Nahko & Medicine for the People tour Hawaii
BY ELIZABETH KIESZKOWSKI / email@example.com
Listen to his music and you’ll know Nahko, frontman of Nahko & Medicine for the People, brims with opinions. He was laid back, though, during a phone call in between gigs in Florida, listening in as bandmate Hope Medford explained what they had been up to — until I asked what they’d been learning from fans across the country.
NAHKO & MEDICINE FOR THE PEOPLE
With local openers Paula Fuga and Mike Love
» Where: The Republik, 1349 Kapiolani Blvd.
“People are definitely getting bored with robotic, boring music!” he suddenly erupted, flashing a glimmer of his declarative power on stage.
Nahko’s music feels like that — it’s a gush of pulsating, emotionally searing and personally revealing storytelling, colored with exhortations for change and intensified with open-hearted energy.
It definitely won’t bore you, though it might disrupt the expectations of people unfamiliar with his blend of earnest songcraft, rock and hip-hop lyricism.
The band, with ties to Hawaii and American roots, in the deepest sense of the word, arrives at The Republik on Saturday.
MEDICINE for the People was about to play a gig in Tallahassee, Fla., on Oct. 29, the day Nahko and Medford talked to the Star-Advertiser. They were nearing the end of a U.S. tour with SoJah, traveling by van.

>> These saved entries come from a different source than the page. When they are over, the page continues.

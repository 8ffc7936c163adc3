-- ===== src/Client/Life.antt =====
-- dacloud.c, the blocks of a client from da_cloud_init to da_cloud_fini.
use mathlib.Core.List.Perm
use mathlib.Core.List.{perm_middle}
use deviceatlas_cloud_c.Prelude.{
  ℕ, ◌≡◌, refl, sym, subst, Option, none, some, List, [], ◌∷◌, ◌++◌, Perm, Bool, true, false, inl,
  inr, Bool-cases, Option-cases, Status-cases, if◌then◌else◌, length, Bytes, ℤ, done, returns,
  Ensures, Ensures->>=, Ensures-known, IfSome,
}
use deviceatlas_cloud_c.Mem.{Allocator, AllocatorLaws}
use deviceatlas_cloud_c.Mem.Moving.{CopyLaws, RefusalLaws}
use deviceatlas_cloud_c.Cache.{CString, Left, Provider, mock, Ops, cache_set}
use deviceatlas_cloud_c.Cache.Blocks.{text_blocks, KeepsBlocks}
use deviceatlas_cloud_c.Server.{Server, ServerHead}
use deviceatlas_cloud_c.Ranking.{Probes, servers_fireup}
use deviceatlas_cloud_c.Config.{
  LoadedServers, Platform, Plugin, Settings, cache_expiration, free_pointer, load_servers,
  sizeof_server_head, stderr, use_defaults,
}
use deviceatlas_cloud_c.Client.Balance.{
  blocks_of, Owns, Holds, Given, load_servers-Owns, use_defaults-Given,
}
use deviceatlas_cloud_c.Client.Ranked.{servers_fireup-blocks}
use deviceatlas_cloud_c.Client.{
  Config, Inited, rank_servers, finish_servers, elements_of, init_servers, after_init,
  open_provider, dup_setting, init_cache, read_settings, init, mock_ops,
}

-- The blocks of a provider: its init takes some, its fini gives all back, and where it was not
-- opened it has none.
pub record PluginBlocks (A : Allocator) (L : AllocatorLaws A) (G : Plugin A) : Type 1 where
  pub keeps : KeepsBlocks A L G.ops
  pub closed : keeps.owned (G.zeroed none cache_expiration) ≡ []
  pub opens :
      (s : A.State) (text : Option Bytes) (left : Left A.State G.ops.Cfg) (rest : List ℕ)
      → Perm (L.live s) rest
      → G.ops.init s (G.zeroed text cache_expiration) ≡ returns left
      → left.status ≡ done
      → Perm (L.live left.heap) (keeps.owned left.cfg ++ rest)
  pub closes :
      (s : A.State) (cfg : G.ops.Cfg) (left : Left A.State G.ops.Cfg) (rest : List ℕ)
      → Perm (L.live s) (keeps.owned cfg ++ rest)
      → G.ops.fini s cfg ≡ returns left
      → Perm (L.live left.heap) rest

abbrev one_block : Option ℕ → List ℕ
one_block none = []
one_block (some p) = p ∷ []

module _ (A : Allocator) (plugins : Provider → Plugin A) (have_memcached : Bool) (P : Platform)
    (W : Probes) (qsort : (Server → Server → ℤ) → List Server → List Server) (L : AllocatorLaws A)
    (K : CopyLaws A L) (X : RefusalLaws A L) (B : (p : Provider) → PluginBlocks A L (plugins p))
    (sorts : (cmp : Server → Server → ℤ) (xs : List Server) → Perm (qsort cmp xs) xs) where
  open A use {State}
  open L use {live}

  abbrev pub Client : Type 0
  Client = Config A plugins have_memcached P W qsort

  abbrev pub Result : Type 0
  Result = Option (Inited A plugins have_memcached P W qsort)

  -- The blocks of the provider, of the licence key, and those there were before.
  abbrev pub behind : List ℕ → Client → List ℕ
  behind before config =
      (B config.provider).keeps.owned config.cache_cfg ++ (text_blocks config.licence_key ++ before)

  -- The blocks of a client that was opened, and those there were before, are live.
  abbrev pub Kept : List ℕ → State → Client → Type 0
  Kept before s config =
      Given A L K config.shead.self (config.shead.self ∷ behind before config) (config.shead, s)

  abbrev pub Good : List ℕ → Result → Type 0
  Good before = IfSome (λ r. r.status ≡ done → Kept before r.heap r.config)

  reordered :
      (d : Bool) (now old : List Server) (rest : List ℕ)
      → Perm (blocks_of now) (blocks_of old)
      → Perm ((if d then [] else blocks_of old) ++ rest) ((if d then [] else blocks_of now) ++ rest)
  reordered true now old rest h = Perm.rfl
  reordered false now old rest h = Perm.append_right rest (Perm.symm h)

  rank_servers-Kept :
      (config : Client) (net : W.Net) (h : ServerHead × State) (before : List ℕ)
      → Given A L K h.0.self (h.0.self ∷ behind before config) h
      → Ensures (Good before) (rank_servers A plugins have_memcached P W qsort config net h)
  unfolding rank_servers
  rank_servers-Kept config net (head, s) before (mine, t, array, held) = λ ok.
      let r = servers_fireup W qsort net config.manual_ranking head.servers in
      (
        refl,
        t,
        array,
        Perm.trans held (
            Perm.cons t (
              reordered head.dservers r.servers head.servers _
                (servers_fireup-blocks W qsort net config.manual_ranking head.servers sorts))),
      )

  -- The head of servers as it is made, and the blocks before it is filled.
  pub record Started (before : List ℕ) (s : State) (config : Client) : Type 0 where
    pub fresh :
        config.shead
        ≡ record { self = config.shead.self; array = none; servers = []; dservers = false }
    pub held : Perm (live s) (config.shead.self ∷ behind before config)

  finish_servers-Kept :
      (config : Client) (net : W.Net) (r : LoadedServers A) (before : List ℕ)
      → (r.complete ≡ true
          → (r.head.self ≡ config.shead.self)
            × Owns A L K r.head (config.shead.self ∷ behind before config) r.heap)
      → Ensures (Good before) (finish_servers A plugins have_memcached P W qsort config net r)
  unfolding finish_servers
  finish_servers-Kept config net r before h = elim (Bool-cases r.complete) [
    | inl whole ↦
        let (mine, (loaded, held)) = h whole in
        rw (finish_servers, whole)
          (Ensures->>= (use_defaults A r.heap r.head) _
            (Given A L K r.head.self (r.head.self ∷ behind before config)) _
            (use_defaults-Given A L K r.head r.heap r.head.self (r.head.self ∷ behind before config)
              r.head.array r.head.servers refl loaded refl refl
              (subst
                (λ k. Holds A L K r.head.array r.head.servers (k ∷ behind before config) r.heap)
                (sym mine) held))
            λ g given.
              rank_servers-Kept config net g before
                (subst (λ k. Given A L K k (k ∷ behind before config) g) (sym given.0) given))
    | inr short ↦ rw (finish_servers, short) (λ bad. absurd (cc))
  ]

  init_servers-Kept :
      (conf : Settings) (config : Client) (net : W.Net) (s : State) (before : List ℕ)
      → Started before s config
      → Ensures (Good before) (init_servers A plugins have_memcached P W qsort conf config net s)
  unfolding init_servers
  init_servers-Kept conf config net s before v =
      let rest = config.shead.self ∷ behind before config in
      Ensures->>=
        (load_servers A s config.shead
          (elements_of A plugins have_memcached P W qsort conf.servers))
        _
        (λ r. r.complete ≡ true → (r.head.self ≡ config.shead.self) × Owns A L K r.head rest r.heap)
        _
        (load_servers-Owns A L K (elements_of A plugins have_memcached P W qsort conf.servers) s
          config.shead rest (subst (λ h. Owns A L K h rest s) (sym v.fresh) (refl, (refl, v.held))))
        λ r h. finish_servers-Kept config net r before h

  -- The text is freed, and the head of servers is put in front of the provider's blocks.
  freed_text :
      (text : Option ℕ) (s : State) (owned : List ℕ) (self : ℕ) (rest : List ℕ)
      → Perm (live s) (owned ++ (one_block text ++ (self ∷ rest)))
      → Perm (live (free_pointer A s text)) (self ∷ (owned ++ rest))
  freed_text none s owned self rest h = Perm.trans h (perm_middle owned rest)
  freed_text (some q) s owned self rest h =
      Perm.trans (L.free_live s q _ (Perm.trans h (perm_middle owned (self ∷ rest))))
        (perm_middle owned rest)

  after_init-Kept :
      (conf : Settings) (config : Client) (net : W.Net) (cops : Ops) (p : Provider)
      (text : Option ℕ) (left : Left State (plugins p).ops.Cfg) (before : List ℕ)
      → config.shead
        ≡ record { self = config.shead.self; array = none; servers = []; dservers = false }
      → (left.status ≡ done
          → Perm (live left.heap) (
              (B p).keeps.owned left.cfg
              ++ (one_block text
                  ++ (config.shead.self ∷ (text_blocks config.licence_key ++ before)))))
      → Ensures
          (Good before)
          (after_init A plugins have_memcached P W qsort conf config net cops p text left)
  unfolding after_init
  after_init-Kept conf config net cops p text left before fresh opened =
      elim (Status-cases left.status) [
        | inl bad ↦ rw (after_init, bad) (λ ok. absurd (cc))
        | inr ok ↦
            rw (after_init, ok)
              (init_servers-Kept conf _ net _ before (record {
                fresh = fresh;
                held =
                    freed_text text left.heap ((B p).keeps.owned left.cfg) config.shead.self
                      (text_blocks config.licence_key ++ before) (opened ok);
              }))
      ]

  open_provider-Kept :
      (conf : Settings) (config : Client) (net : W.Net) (s : State) (cops : Ops)
      (p : Option Provider) (text : Option CString) (before : List ℕ)
      → config.shead
        ≡ record { self = config.shead.self; array = none; servers = []; dservers = false }
      → Perm
          (live s)
          (text_blocks text ++ (config.shead.self ∷ (text_blocks config.licence_key ++ before)))
      → Ensures
          (Good before)
          (open_provider A plugins have_memcached P W qsort conf config net s cops p text)
  unfolding open_provider
  open_provider-Kept conf config net s cops none text before fresh h = tt
  open_provider-Kept conf config net s cops (some p) none before fresh h =
      Ensures-known _ ((plugins p).ops.init s ((plugins p).zeroed none cache_expiration)) _
        λ left ran.
          after_init-Kept conf config net cops p none left before fresh
            (λ ok. (B p).opens s none left _ h ran ok)
  open_provider-Kept conf config net s cops (some p) (some (q, t)) before fresh h =
      Ensures-known _ ((plugins p).ops.init s ((plugins p).zeroed (some t) cache_expiration)) _
        λ left ran.
          after_init-Kept conf config net cops p (some q) left before fresh
            (λ ok. (B p).opens s (some t) left _ h ran ok)

  -- A copy is one block more, or none where there is nothing to copy or no memory.
  dup_setting-live :
      (s : State) (setting : Option Bytes) (rest : List ℕ)
      → Perm (live s) rest
      → let r = dup_setting A plugins have_memcached P W qsort s setting in
        Perm (live r.1) (text_blocks r.0 ++ rest)
  unfolding dup_setting
  dup_setting-live s none rest h = h
  dup_setting-live s (some t) rest h = elim (Option-cases (A.strdup s (length t)).0) [
    | inl lost ↦ rw (dup_setting, lost) (rw (X.uncopied s (length t) lost) h)
    | inr (q, copied) ↦
        rw (dup_setting, copied) (Perm.trans (K.copies s (length t) q copied) (Perm.cons q h))
  ]

  init_cache-Kept :
      (conf : Settings) (config : Client) (net : W.Net) (s : State) (before : List ℕ)
      → config.shead
        ≡ record { self = config.shead.self; array = none; servers = []; dservers = false }
      → (B config.provider).keeps.owned config.cache_cfg ≡ []
      → Perm (live s) (config.shead.self ∷ (text_blocks config.licence_key ++ before))
      → Ensures (Good before) (init_cache A plugins have_memcached P W qsort conf config net s)
  unfolding init_cache
  init_cache-Kept conf config net s before fresh nothing h = elim (Option-cases conf.cache_type) [
    | inl no_type ↦
        rw (init_cache, no_type)
          (init_servers-Kept conf config net s before (record {
            fresh = fresh;
            held =
                subst
                  (λ o.
                    Perm (live s)
                      (config.shead.self ∷ (o ++ (text_blocks config.licence_key ++ before))))
                  (sym nothing) h;
          }))
    | inr (name, named) ↦ elim (Option-cases (cache_set have_memcached config.cops name)) [
      | inl unknown ↦ rw (init_cache, named, unknown) tt
      | inr (cops, chosen) ↦
          let r = dup_setting A plugins have_memcached P W qsort s conf.cache_config in
          rw (init_cache, named, chosen)
            (open_provider-Kept conf config net r.1 cops cops.init r.0 before fresh
              (dup_setting-live s conf.cache_config _ h))
    ]
  ]

  read_settings-Kept :
      (conf : Settings) (config : Client) (net : W.Net) (s : State) (before : List ℕ)
      → config.shead
        ≡ record { self = config.shead.self; array = none; servers = []; dservers = false }
      → (B config.provider).keeps.owned config.cache_cfg ≡ []
      → Perm (live s) (config.shead.self ∷ before)
      → Ensures (Good before) (read_settings A plugins have_memcached P W qsort conf config net s)
  unfolding read_settings
  read_settings-Kept conf config net s before fresh nothing h =
      elim (Option-cases conf.licence_key) [
        | inl missing ↦ rw (read_settings, missing) tt
        | inr (key, found) ↦
            let r = dup_setting A plugins have_memcached P W qsort s (some key) in
            rw (read_settings, found)
              (init_cache-Kept conf _ net r.1 before fresh nothing (
                Perm.trans (dup_setting-live s (some key) _ h)
                  (perm_middle (text_blocks r.0) before)))
      ]

  pub init-Kept :
      (s : State) (net : W.Net) (old_id : Option Provider) (old_ranking : Bool) (confpath : Bytes)
      → Ensures
          (Good (live s))
          (init A plugins have_memcached P W qsort s net old_id old_ranking confpath)
  unfolding init
  init-Kept s net old_id old_ranking confpath =
      elim (Option-cases (A.alloc s sizeof_server_head).0) [
        | inl lost ↦ rw (init, lost) tt
        | inr (p, got) ↦ elim (Option-cases (P.read_file confpath)) [
          | inl unread ↦ rw (init, got, unread) (λ bad. absurd (cc))
          | inr (conf, read) ↦
              rw (init, got, read)
                (read_settings-Kept conf
                  (record {
                    shead = record { self = p; array = none; servers = []; dservers = false };
                    efp = stderr;
                    licence_key = none;
                    manual_ranking = old_ranking;
                    cops = mock_ops A plugins have_memcached P W qsort old_id;
                    provider = mock;
                    cache_cfg = (plugins mock).zeroed none cache_expiration;
                  })
                  net _ (live s) refl (B mock).closed (L.alloc_some s sizeof_server_head p got).0)
        ]
      ]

One part of the country or the other was passing familiar to either Nahko, born in Portland, Ore., or Medford, who’s from Kentucky and contributes percussion including cajon (box drum) and African djembe. Guitarist Chase Makai O’Friel, an Australian who now calls Hilo home, rounds out the core group.
On tour, the band was forging connections, supporting environmental and native causes, as might be expected from Medicine for the People lyrics like, “In this existence I’ll stay persistent and I’ll make a difference and I will have lived it.”
The line comes from “Aloha Ke Akua,” the lead song on the band’s new album, “Dark as Night” — music penned on the Big Island, where Nahko now lives when not on tour.
The emphasis on righteous living and social change is intrinsic to the band. Nahko and band members routinely contribute to environmental and native causes, and participate in “transformative” festivals with a similar mindset.
“We have a general respect for life of the land,” Medford said.
“We’ve really worked at becoming the name that we’ve taken on,” Nahko said.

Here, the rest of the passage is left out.